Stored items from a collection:
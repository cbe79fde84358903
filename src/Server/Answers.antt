-- ===== src/Server/Answers.antt =====
-- What the thread of a client sends to it.
use local_server_c.Base.{
  ℕ, zero, suc, ◌<◌, ◌≡◌, ap, ◌∙◌, Option, some, Bool, true, false, List, [], ◌∷◌, ◌++◌, ltb,
  length, take, drop, min, length-drop, take-append-drop, append-nil, append_assoc, map, pos, ltb_ℤ,
  eqb_ℤ, arith,
}
use local_server_c.Request.{listen_request}
use local_server_c.Server.Session.{
  pipe_buf, notice, response, goodbye, removes, waits, in_parent, Round, collected, collect,
  wait_returns, go, next_request, answer_client, parent_round, round, is_exit, session,
}

-- The buffer after the last `listen_request` of a round.
abbrev pub next_buffer : Round → List ℕ → List ℕ
next_buffer r buffer = (listen_request r.listen r.requests buffer).1

-- Every call of a round works: the parent reads at least a byte at a time, and the response is
-- received.
pub record Works (capacity : ℕ) (r : Round) (buffer : List ℕ) : Type 0 where
  pub sizes : ℕ → ℕ
  pub made : r.tube_made ≡ true
  pub parent : r.forked ≡ in_parent
  pub write_end : r.write_closed ≡ true
  pub read_end : r.read_closed ≡ true
  pub ends : wait_returns capacity r ≡ true
  pub grows : (i : ℕ) → r.reallocs i ≡ true
  pub moves : (i : ℕ) → r.reads i ≡ some (suc (sizes i))
  pub received : (n : ℕ) × (r.sent (r.output ++ 0 ∷ []) ≡ pos (suc n))
  pub heard : ltb_ℤ (listen_request r.listen r.requests buffer).0 (pos 0) ≡ false

module _ (reallocs : ℕ → Bool) (reads : ℕ → Option ℕ) (sizes : ℕ → ℕ)
    (grows : (i : ℕ) → reallocs i ≡ true) (moves : (i : ℕ) → reads i ≡ some (suc (sizes i))) where
  collect-all :
      (n i : ℕ) (got rest : List ℕ)
      → length rest < n
      → collect reallocs reads n i got rest ≡ collected (got ++ rest) false
  unfolding collect
  collect-all zero i got rest f = absurd (omega arith)
  collect-all (suc n) i got [] f =
      let nothing : min (min (suc (sizes i)) pipe_buf) 0 ≡ 0 = omega arith in
      simp (grows i, moves i, nothing, append-nil got, collect)
  collect-all (suc n) i got (c ∷ rest) f =
      let j = min (min (sizes i) 4095) (length rest) in
      let chunk : min (min (suc (sizes i)) pipe_buf) (suc (length rest)) ≡ suc j = omega arith in
      let left = length-drop j rest in
      simp (grows i, moves i, chunk, collect)
        (collect-all n (suc i) (got ++ c ∷ take j rest) (drop j rest) (omega arith)
          ∙ ap (λ l. collected l false)
              (append_assoc got (c ∷ take j rest) (drop j rest)
                ∙ ap (λ l. got ++ c ∷ l) (take-append-drop j rest)))

module _ (fuel capacity : ℕ) where
  round-answers :
      (r : Round) (buffer : List ℕ)
      → Works capacity r buffer
      → length r.output < fuel
      → round fuel capacity r buffer
        ≡ (response (r.output ++ 0 ∷ []) ∷ [], go (next_buffer r buffer))
  unfolding round parent_round answer_client next_request
  round-answers r buffer w f =
      let whole = collect-all r.reallocs r.reads w.sizes w.grows w.moves fuel 0 [] r.output f in
      let (n, sent) = w.received in
      let works : ltb_ℤ (r.sent (r.output ++ 0 ∷ [])) (pos 0) ≡ false = simp sent (ground arith) in
      let in_time : eqb_ℤ (r.sent (r.output ++ 0 ∷ [])) (pos 0) ≡ false =
        simp sent (ground arith) in
      simp (
        w.made, w.parent, w.write_end, w.ends, whole, w.read_end, works, in_time, w.heard, round,
        parent_round,
      )

  -- The requests of a client: at every round a command other than `exit`, and `exit` at the end.
  abbrev pub Serves : List Round → List ℕ → Type 0
  Serves [] buffer = is_exit buffer ≡ true
  Serves (r ∷ rs) buffer =
      (is_exit buffer ≡ false)
      × Works capacity r buffer
      × (length r.output < fuel)
      × Serves rs (next_buffer r buffer)

  -- When every call works, a client that sends commands and then `exit` is answered, in order and
  -- once, with the whole output of each command, then with the goodbye, and is removed.
  pub session-answers :
      (rs : List Round) (buffer : List ℕ)
      → Serves rs buffer
      → session fuel capacity rs buffer
        ≡ (map (λ r. response (r.output ++ 0 ∷ [])) rs ++ notice goodbye ∷ [], removes)
  unfolding session
  session-answers [] buffer h = simp h
  session-answers (r ∷ rs) buffer (other, w, f, later) =
      let one = round-answers r buffer w f in
      let IH = session-answers rs (next_buffer r buffer) later in simp (other, one, IH, session)

  -- A command that writes more than the tube holds in the forked child itself is never answered: the
  -- parent waits for the child's end before it reads, and the thread stays there.
  pub session-stuck :
      (r : Round) (rs : List Round) (buffer : List ℕ)
      → is_exit buffer ≡ false
      → r.tube_made ≡ true
      → r.forked ≡ in_parent
      → r.write_closed ≡ true
      → r.child_writes ≡ true
      → capacity < length r.output
      → session fuel capacity (r ∷ rs) buffer ≡ ([], waits)
  unfolding session round parent_round wait_returns
  session-stuck r rs buffer other made parent closed own big =
      let over : ltb capacity (length r.output) ≡ true = ground arith in
      simp (other, made, parent, closed, own, over, session, round, parent_round)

### [Work instructions]
Each entry above needs to be output exactly.

### [Solution to the exercise]
repository cbe79fde84358903
filename src/Server/Answers.antt
-- ===== src/Server/Answers.antt =====
-- What the thread of a client sends to it.
use local_server_c.Base.{
  ℕ, zero, suc, ◌<◌, ◌≡◌, ap, ◌∙◌, Option, some, Bool, true, false, List, [], ◌∷◌, ◌++◌, ltb,
  length, take, drop, min, length-drop, take-append-drop, append-nil, append_assoc, map, pos, ltb_ℤ,
  eqb_ℤ, arith,
}
use local_server_c.Request.{listen_request}
use local_server_c.Server.Session.{
  pipe_buf, notice, response, goodbye, removes, waits, in_parent, Round, collected, collect,
  wait_returns, go, next_request, answer_client, parent_round, round, is_exit, session,
}

-- The buffer after the last `listen_request` of a round.
abbrev pub next_buffer : Round → List ℕ → List ℕ
next_buffer r buffer = (listen_request r.listen r.requests buffer).1

-- Every call of a round works: the parent reads at least a byte at a time, and the response is
-- received.
pub record Works (capacity : ℕ) (r : Round) (buffer : List ℕ) : Type 0 where
  pub sizes : ℕ → ℕ
  pub made : r.tube_made ≡ true
  pub parent : r.forked ≡ in_parent
  pub write_end : r.write_closed ≡ true
  pub read_end : r.read_closed ≡ true
  pub ends : wait_returns capacity r ≡ true
  pub grows : (i : ℕ) → r.reallocs i ≡ true
  pub moves : (i : ℕ) → r.reads i ≡ some (suc (sizes i))
  pub received : (n : ℕ) × (r.sent (r.output ++ 0 ∷ []) ≡ pos (suc n))
  pub heard : ltb_ℤ (listen_request r.listen r.requests buffer).0 (pos 0) ≡ false

module _ (reallocs : ℕ → Bool) (reads : ℕ → Option ℕ) (sizes : ℕ → ℕ)
    (grows : (i : ℕ) → reallocs i ≡ true) (moves : (i : ℕ) → reads i ≡ some (suc (sizes i))) where
  collect-all :
      (n i : ℕ) (got rest : List ℕ)
      → length rest < n
      → collect reallocs reads n i got rest ≡ collected (got ++ rest) false
  unfolding collect
  collect-all zero i got rest f = absurd (omega arith)
  collect-all (suc n) i got [] f =
      let nothing : min (min (suc (sizes i)) pipe_buf) 0 ≡ 0 = omega arith in
      simp (grows i, moves i, nothing, append-nil got, collect)
  collect-all (suc n) i got (c ∷ rest) f =
      let j = min (min (sizes i) 4095) (length rest) in
      let chunk : min (min (suc (sizes i)) pipe_buf) (suc (length rest)) ≡ suc j = omega arith in
      let left = length-drop j rest in
      simp (grows i, moves i, chunk, collect)
        (collect-all n (suc i) (got ++ c ∷ take j rest) (drop j rest) (omega arith)
          ∙ ap (λ l. collected l false)
              (append_assoc got (c ∷ take j rest) (drop j rest)
                ∙ ap (λ l. got ++ c ∷ l) (take-append-drop j rest)))

module _ (fuel capacity : ℕ) where
  round-answers :
      (r : Round) (buffer : List ℕ)
      → Works capacity r buffer
      → length r.output < fuel
      → round fuel capacity r buffer
        ≡ (response (r.output ++ 0 ∷ []) ∷ [], go (next_buffer r buffer))
  unfolding round parent_round answer_client next_request
  round-answers r buffer w f =
      let whole = collect-all r.reallocs r.reads w.sizes w.grows w.moves fuel 0 [] r.output f in
      let (n, sent) = w.received in
      let works : ltb_ℤ (r.sent (r.output ++ 0 ∷ [])) (pos 0) ≡ false = simp sent (ground arith) in
      let in_time : eqb_ℤ (r.sent (r.output ++ 0 ∷ [])) (pos 0) ≡ false =
        simp sent (ground arith) in
      simp (
        w.made, w.parent, w.write_end, w.ends, whole, w.read_end, works, in_time, w.heard, round,
        parent_round,
      )

  -- The requests of a client: at every round a command other than `exit`, and `exit` at the end.
  abbrev pub Serves : List Round → List ℕ → Type 0
  Serves [] buffer = is_exit buffer ≡ true
  Serves (r ∷ rs) buffer =
      (is_exit buffer ≡ false)
      × Works capacity r buffer
      × (length r.output < fuel)
      × Serves rs (next_buffer r buffer)

  -- When every call works, a client that sends commands and then `exit` is answered, in order and
  -- once, with the whole output of each command, then with the goodbye, and is removed.
  pub session-answers :
      (rs : List Round) (buffer : List ℕ)
      → Serves rs buffer
      → session fuel capacity rs buffer
        ≡ (map (λ r. response (r.output ++ 0 ∷ [])) rs ++ notice goodbye ∷ [], removes)
  unfolding session
  session-answers [] buffer h = simp h
  session-answers (r ∷ rs) buffer (other, w, f, later) =
      let one = round-answers r buffer w f in
      let IH = session-answers rs (next_buffer r buffer) later in simp (other, one, IH, session)

  -- A command that writes more than the tube holds in the forked child itself is never answered: the
  -- parent waits for the child's end before it reads, and the thread stays there.
  pub session-stuck :
      (r : Round) (rs : List Round) (buffer : List ℕ)
      → is_exit buffer ≡ false
      → r.tube_made ≡ true
      → r.forked ≡ in_parent
      → r.write_closed ≡ true
      → r.child_writes ≡ true
      → capacity < length r.output
      → session fuel capacity (r ∷ rs) buffer ≡ ([], waits)
  unfolding session round parent_round wait_returns
  session-stuck r rs buffer other made parent closed own big =
      let over : ltb capacity (length r.output) ≡ true = ground arith in
      simp (other, made, parent, closed, own, over, session, round, parent_round)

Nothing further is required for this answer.